Сейчас я вижу, и должна со всем смирением в этом признаться, что в этом решении, которое мне казалось тогда актом абсолютно чистой самоотверженности, был элемент тщеславия. Мне подсознательно льстила мысль сразу стать основательницей и главой нового ордена. К тому же я играла важную роль в небольшой униатской организации, я была, так сказать, правой рукой отца Фёдорова, что, вероятно, тоже льстило мне, хотя я того не понимала. О, как я сейчас понимаю, почему Господь отказал в своем благословении предпринятому делу!

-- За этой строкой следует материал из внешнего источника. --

-- ===== src/Examples/Streams/Group.antt =====
-- Rows counted by their first column.
use incresql.Executor.PointInTime.HashJoin.{slice_to}
use incresql.Prelude.{false, ◌≡◌, refl, arith, ℕ, some, none, List, [], ◌∷◌}
use incresql.Prelude.Int.{pos}
use incresql.Data.Datum.{null, integer, big_int, is_null, as_maybe_bigint, ref_clone, as_static}
use incresql.Executor.Aggregate.Rows.{first_value, apply_rows}
use incresql.Executor.Scalar.{eval_scalar_row}
use incresql.Functions.Aggregate.{count_apply, is_counted, count_initialize}
use incresql.Storage.Writer.{wrap_i64}
use incresql.Prelude.Int.{◌+ℤ◌}
use incresql.Data.DataType.{integer_type}
use incresql.Data.TupleIter.{Row, Yields}
use incresql.Functions.{FunctionSignature}
use incresql.Functions.Boolean.Law.{connectives}
use incresql.Functions.Aggregate.Interface.{builtin_aggregates, count}
use incresql.Ast.Expr.{no_args}
use incresql.Executor.Aggregate.{
  AggregateArgs, initialize, reset_args, state_len_args, agg_column_reference, agg_compiled,
  no_exprs, expr_arg,
}
use incresql.Executor.Aggregate.Value.{run_args, run_args_lem, group_values}
use incresql.Executor.PointInTime.SortedGroup.{
  SortedGroupExecutor, initial, hash_tuple, sorted_group_executor, new_sorted_group,
}
use incresql.Executor.PointInTime.SortedGroup.Rows.{
  Run, sorted_group_executor-Yields, sorted_group_executor_one,
}
use incresql.Examples.Sample.{sample_externals, SampleDatum, sample_codec}
use incresql.Executor.PointInTime.HashGroup.{hash_group_executor, new_hash_group, key_bytes}
use incresql.Executor.PointInTime.HashGroup.Rows.{hash_group_executor-Yields, group_rows, add_row}
use incresql.Encoding.Datums.{as_sortable_bytes, push_tag}
use incresql.Encoding.Signed.{write_varint_signed, write_signed_value, neg_i64}
use incresql.Encoding.Signed.I32.{write_i32}
use incresql.Encoding.Bytes.{push, bit_not}
use incresql.Encoding.SortOrder.{is_desc}
use incresql.Prelude.Int.{neg_ℤ}
use incresql.Data.Datum.{bytes_eq}
use mathlib.Core.List.{Perm}
use mathlib.Core.List.Perm
use incresql.Examples.Streams.{list_iter, list_iter-Yields}

abbrev signature : FunctionSignature
signature = record { name = []; args = []; ret = integer_type }

-- `SELECT a, count()`.
abbrev counted : AggregateArgs (connectives sample_externals)
counted =
    expr_arg (agg_column_reference 0 integer_type)
      (expr_arg (agg_compiled count signature no_args) no_exprs)

abbrev rows : List (Row sample_externals)
rows =
    (integer (pos 3) ∷ [], pos 1)
    ∷ (integer (pos 3) ∷ [], pos 4)
    ∷ (integer (pos 5) ∷ [], pos 1)
    ∷ []

abbrev first_number : List SampleDatum → ℕ
first_number (integer (pos n) ∷ _) = n
first_number _ = 0

run_args_lem_example :
    run_args builtin_aggregates counted rows ≡ some (integer (pos 3) ∷ big_int (pos 6) ∷ [])
unfolding group_values first_value is_null apply_rows eval_scalar_row count_apply is_counted
    as_maybe_bigint count_initialize ref_clone as_static wrap_i64 ◌+ℤ◌
run_args_lem_example = run_args_lem builtin_aggregates counted rows

abbrev runs : List (Run sample_externals)
runs =
    (3, (integer (pos 3) ∷ [], pos 1), (integer (pos 3) ∷ [], pos 4) ∷ [])
    ∷ (5, (integer (pos 5) ∷ [], pos 1), [])
    ∷ []

abbrev fresh :
    (key_len : ℕ) → SortedGroupExecutor builtin_aggregates first_number list_iter key_len counted
fresh key_len = record {
  source_state = record { inner = (none, rows); advanced = false };
  current_state = null ∷ big_int (pos 0) ∷ [];
  output_tuple = null ∷ null ∷ [];
  state = initial;
}

sorted_group_executor-Yields_example :
    Yields (sorted_group_executor builtin_aggregates first_number list_iter 1 counted 4) (fresh 1) (
      (integer (pos 3) ∷ big_int (pos 5) ∷ [], pos 1)
      ∷ (integer (pos 5) ∷ big_int (pos 1) ∷ [], pos 1)
      ∷ [])
unfolding group_values first_value is_null apply_rows eval_scalar_row count_apply is_counted
    as_maybe_bigint count_initialize ref_clone as_static wrap_i64 ◌+ℤ◌ new_sorted_group initialize
    reset_args state_len_args hash_tuple slice_to
sorted_group_executor-Yields_example =
    sorted_group_executor-Yields builtin_aggregates first_number list_iter 1 counted 4 (none, rows)
      2 (fresh 1) runs
      ((integer (pos 3) ∷ big_int (pos 5) ∷ [], pos 1)
        ∷ (integer (pos 5) ∷ big_int (pos 1) ∷ [], pos 1)
        ∷ [])
      (omega arith) (omega arith) refl (list_iter-Yields none rows)
      (refl, (refl, tt), (λ e. absurd (ground arith)), (refl, tt, tt, tt))
      (refl, refl, (refl, refl, tt))

sorted_group_executor_one_example :
    Yields
      (sorted_group_executor builtin_aggregates first_number list_iter 0 counted 4)
      (fresh 0)
      ((integer (pos 3) ∷ big_int (pos 6) ∷ [], pos 1) ∷ [])
unfolding group_values first_value is_null apply_rows eval_scalar_row count_apply is_counted
    as_maybe_bigint count_initialize ref_clone as_static wrap_i64 ◌+ℤ◌ new_sorted_group initialize
    reset_args state_len_args hash_tuple slice_to
sorted_group_executor_one_example =
    sorted_group_executor_one builtin_aggregates first_number list_iter 0 counted 4 (none, rows) 2
      (fresh 0) rows (integer (pos 3) ∷ big_int (pos 6) ∷ []) refl (omega arith) refl
      (list_iter-Yields none rows) refl

abbrev value : List (Row sample_externals) → List SampleDatum
value rows = elim (group_values builtin_aggregates counted rows) [ none ↦ [] | some out ↦ out ]

-- The rows of a key need not stand together.
abbrev mixed : List (Row sample_externals)
mixed =
    (integer (pos 3) ∷ [], pos 1)
    ∷ (integer (pos 5) ∷ [], pos 1)
    ∷ (integer (pos 3) ∷ [], pos 4)
    ∷ []

hash_group_executor-Yields_example :
    (outs : List (Row sample_externals)) × Perm outs (
      (integer (pos 3) ∷ big_int (pos 5) ∷ [], pos 1)
      ∷ (integer (pos 5) ∷ big_int (pos 1) ∷ [], pos 1)
      ∷ [])
    × Yields
        (hash_group_executor builtin_aggregates sample_codec (λ table. table) list_iter 1 counted 4)
        (new_hash_group builtin_aggregates sample_codec
          (λ table. table)
          list_iter
          1
          counted
          (none, mixed)
          2)
        outs
unfolding group_values first_value is_null apply_rows eval_scalar_row count_apply is_counted
    as_maybe_bigint count_initialize ref_clone as_static wrap_i64 ◌+ℤ◌ group_rows add_row key_bytes
    as_sortable_bytes write_i32 write_varint_signed write_signed_value neg_i64 neg_ℤ is_desc
    push_tag push bit_not bytes_eq
hash_group_executor-Yields_example =
    hash_group_executor-Yields builtin_aggregates sample_codec (λ table. table) list_iter 1 counted
      4 (none, mixed) 2 mixed value (λ table. Perm.rfl) (omega arith) (list_iter-Yields none mixed)
      (omega arith, (omega arith, (omega arith, tt))) (refl, (refl, tt))
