-- ===== src/Executor/PointInTime/HashJoin/Table.antt =====
-- src/executor/src/point_in_time/hash_join.rs: what the hash table has after the right source was read.
use incresql.Data.Datum.Class.{IsEquivalence, sql_eq-IsEquivalence}
use incresql.Prelude.{
  ℕ, zero, suc, ◌<◌, ◌≤◌, ◌≡◌, refl, sym, arith, true, false, ◌&&◌, not, Option, none, some, List,
  [], ◌∷◌, ◌++◌, append_assoc, append-nil, map, length, take, drop, le→leb, if◌then◌else◌, All,
  Bool-cases, inl, inr,
}
use incresql.Prelude.Int.{ℤ}
use incresql.Data.Datum.{Externals, Datum, sql_eq, as_static}
use incresql.Data.TupleIter.{TupleIter, Row, Yields}
use incresql.Functions.{Functions}
use incresql.Ast.Expr.{Expression}
use incresql.Ast.Logical.{JoinType}
use incresql.Executor.PointInTime.HashJoin.{
  Bucket, HashTable, slice_to, any_null, tuple_eq, push_entry, get_bucket, insert_entry,
  insert_right, build_table,
}

-- An empty list is an entry that is not there.
abbrev pub if_any : {A : Type 0} → List A → Option (List A)
if_any [] = none
if_any (a ∷ l) = some (a ∷ l)

if_any-snoc : {A : Type 0} (l : List A) (a : A) → if_any (l ++ a ∷ []) ≡ some (l ++ a ∷ [])
if_any-snoc [] a = refl
if_any-snoc (b ∷ l) a = refl

pub if_any-some : {A : Type 0} (l m : List A) → if_any l ≡ some m → l ≡ m
if_any-some [] m h = absurd (ground arith)
if_any-some (a ∷ l) m h = ground arith

module _ {x : Externals} where
  -- The rows of the right source that have the key, without it, in their order.
  unfoldable pub partners : ℕ → List (Datum x) → List (Row x) → Bucket x
  partners key_len key [] = []
  partners key_len key (row ∷ rows) =
      let found = map as_static (take key_len row.0) in
      let rest = partners key_len key rows in
      if not (any_null found) && tuple_eq found key
      then (map as_static (drop key_len row.0), row.1) ∷ rest
      else rest

  module _ (dec : IsEquivalence x.decimal_eq) (path : IsEquivalence x.jsonpath_eq) where
    same : IsEquivalence {A = Datum x} (λ a b. sql_eq a b true)
    same = sql_eq-IsEquivalence dec path

    tuple_eq_symm : (a b : List (Datum x)) → tuple_eq a b ≡ tuple_eq b a
    unfolding tuple_eq
    tuple_eq_symm [] [] = refl
    tuple_eq_symm [] (e ∷ b) = refl
    tuple_eq_symm (d ∷ a) [] = refl
    tuple_eq_symm (d ∷ a) (e ∷ b) = rw (same.eq_symm d e, tuple_eq_symm a b) refl

    tuple_eq_trans :
        (a b c : List (Datum x)) → tuple_eq a b ≡ true → tuple_eq b c ≡ true → tuple_eq a c ≡ true
    unfolding tuple_eq
    tuple_eq_trans [] [] c h k = k
    tuple_eq_trans [] (e ∷ b) c h k = absurd (ground arith)
    tuple_eq_trans (d ∷ a) [] c h k = absurd (ground arith)
    tuple_eq_trans (d ∷ a) (e ∷ b) [] h k = absurd (ground arith)
    tuple_eq_trans (d ∷ a) (e ∷ b) (f ∷ c) h k =
        ground (arith, same.eq_trans d e f, tuple_eq_trans a b c)

    -- Equal keys are equal to the same keys.
    tuple_eq_congr : (a b c : List (Datum x)) → tuple_eq a b ≡ true → tuple_eq a c ≡ tuple_eq b c
    tuple_eq_congr a b c h =
        ground (arith, tuple_eq_symm a b, tuple_eq_trans a b c, tuple_eq_trans b a c)

    get_bucket-push_entry :
        (q key : List (Datum x)) (entry : List (Datum x) × ℤ) (table : HashTable x) (b : Bucket x)
        → get_bucket q table ≡ if_any b
        → get_bucket q (push_entry key entry table)
          ≡ if_any (if tuple_eq key q then b ++ entry ∷ [] else b)
    unfolding get_bucket push_entry
    get_bucket-push_entry q key entry [] [] h = ground arith
    get_bucket-push_entry q key entry [] (e ∷ b) h = absurd (ground arith)
    get_bucket-push_entry q key entry ((k, bucket) ∷ table) b h =
        elim (Bool-cases (tuple_eq k key)) [
          | inl e ↦
              let congr = tuple_eq_congr k key q e in
              elim (Bool-cases (tuple_eq k q)) [
                | inl f ↦
                    let whole = if_any-some b bucket (sym (rw f at h)) in
                    rw (e, f, sym congr, f, whole) (sym (if_any-snoc bucket entry))
                | inr f ↦ rw (e, f, sym congr, f) (rw f at h)
              ]
          | inr e ↦
              let rest = get_bucket-push_entry q key entry table b in
              elim (Bool-cases (tuple_eq k q)) [
                | inl f ↦
                    let other : tuple_eq key q ≡ false =
                      ground (arith, tuple_eq_symm key q, tuple_eq_trans k q key) in
                    rw (e, f, other) (rw f at h)
                | inr f ↦ rw (e, f) (rest (rw f at h))
              ]
        ]

    -- A table has for each key the partners of the rows read so far, and gains those of the next row.
    abbrev pub Serves : ℕ → HashTable x → (List (Datum x) → Bucket x) → Type 0
    Serves key_len table bucket_of =
        (q : List (Datum x)) → get_bucket q table ≡ if_any (bucket_of q)

    get_bucket-insert_entry :
        (key_len : ℕ) (q : List (Datum x)) (row : Row x) (table : HashTable x) (b : Bucket x)
        → get_bucket q table ≡ if_any b
        → get_bucket q (
            insert_entry
              (map as_static (take key_len row.0))
              (map as_static (drop key_len row.0), row.1)
              table)
          ≡ if_any (b ++ partners key_len q (row ∷ []))
    unfolding partners
    get_bucket-insert_entry key_len q row table b h =
        let found = map as_static (take key_len row.0) in
        let entry : List (Datum x) × ℤ = (map as_static (drop key_len row.0), row.1) in
        let pushed = get_bucket-push_entry q found entry table b h in
        elim (Bool-cases (any_null found)) [
          | inl e ↦ rw (e, append-nil b) h
          | inr e ↦ elim (Bool-cases (tuple_eq found q)) [
            | inl f ↦ rw (e, f) (rw f at pushed)
            | inr f ↦ rw (e, f, append-nil b) (rw f at pushed)
          ]
        ]

module _ {x : Externals} (fs : Functions x) (left right : TupleIter x) (left_len key_len : ℕ)
    (condition : Expression fs) (join_type : JoinType) (dec : IsEquivalence x.decimal_eq)
    (path : IsEquivalence x.jsonpath_eq) where
  partners-snoc :
      (q : List (Datum x)) (row : Row x) (rows : List (Row x))
      → partners key_len q (row ∷ rows) ≡ partners key_len q (row ∷ []) ++ partners key_len q rows
  unfolding partners
  partners-snoc q row rows = ground arith

  abbrev pub HasKey : Row x → Type 0
  HasKey row = key_len ≤ length row.0

  -- Reading the right source gives a table with the partners of every key.
  pub build_table-Serves :
      (fuel : ℕ) (s : right.State) (rows : List (Row x)) (table : HashTable x)
      (before : List (Datum x) → Bucket x)
      → length rows < fuel
      → Yields right s rows
      → All HasKey rows
      → Serves dec path key_len table before
      → (s' : right.State) × (table' : HashTable x) × (build_table fs left right left_len key_len
            condition join_type fuel s table
          ≡ some (s', table'))
        × Serves dec path key_len table' (λ q. before q ++ partners key_len q rows)
  unfolding Yields build_table insert_right slice_to partners
  build_table-Serves zero s rows table before l y k h = absurd (omega arith)
  build_table-Serves (suc fuel) s [] table before l (s', a, g) k h =
      (s', table, rw (a, g) refl, λ q. rw (append-nil (before q)) (h q))
  build_table-Serves (suc fuel) s (row ∷ rows) table before l (s', a, g, y) k h =
      let next =
        insert_entry (map as_static (take key_len row.0))
          (map as_static (drop key_len row.0), row.1) table in
      let (t, table', e, served) =
        build_table-Serves fuel s' rows next (λ q. before q ++ partners key_len q (row ∷ []))
          (omega arith) y k.1
          (λ q. get_bucket-insert_entry dec path key_len q row table (before q) (h q)) in
      (
        t,
        table',
        rw (a, g, le→leb key_len (length row.0) k.0) e,
        λ q.
            rw
              (
                partners-snoc q row rows,
                sym (
                    append_assoc (before q) (partners key_len q (row ∷ []))
                      (partners key_len q rows)),
              )
              (served q),
      )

Не буду сейчас входить в столь печальные подробности этого провалившегося предприятия. С начала 1923 г. конгрегация прекратила свое существование. Массовое преследование католицизма, начавшееся в то время с ареста епископа Цепляка, отца Фёдорова и всех священников, заставило прекратить все внутренние разногласия. Но мое положение было совершенно неправильное. Бог милостиво помог найти надежную опору и просвещенного руководителя в лице отца Амудрю, доминиканца и кюре Французской церкви во имя Божьей Матери (Notre Dame de France). Отец Амудрю унял мои тревоги, утешил меня, возродил мою веру в заступничество Св. Доминика. По его совету я съездила в Москву к отцу Уолшу, посланному Святым Престолом с особой миссией. Отец Уолш принял меня с большой добротой. Он был уже в курсе всей ситуации. От имени Святого Престола он официально освободил меня от обета послушания отцу Фёдорову и Униатской церкви и очень советовал сразу же уехать, чтобы следовать моему доминиканскому призванию. Со своей стороны, отец Амудрю уже написал генеральному магистру ордена ходатайство с просьбой о двух льготах: освободить меня от приданого, положенного при поступлении, и разрешить меня принять, несмотря на то, что мне было уже 43 года. Он считал, что я могу надеяться на положительный ответ из уважения к отцу Антонину Данзасу. Моя престарелая тетушка только что умерла, я была свободна от этого последнего обязательства по отношению к моей семье, я могла уехать. Но это бегство следовало подготовить, в то время легальный отъезд был невозможен. В этих приготовлениях прошли два месяца, мне доставали паспорт на чужое имя. 14 ноября 1923 г., за три дня до даты получения этого паспорта, меня арестовали вместе с несколькими сотнями других католиков» (Curriculum vitae, с. 9–11).
Союз Соборной Премудрости
До 1921 г., когда 1 сентября она стала «сестрой Иустиной», Юлия не особо распространялась о духовной эволюции, что привела ее от гностицизма к «Христову воинству». В 1918 г. она создала экуменическое движение – Союз Соборной Премудрости.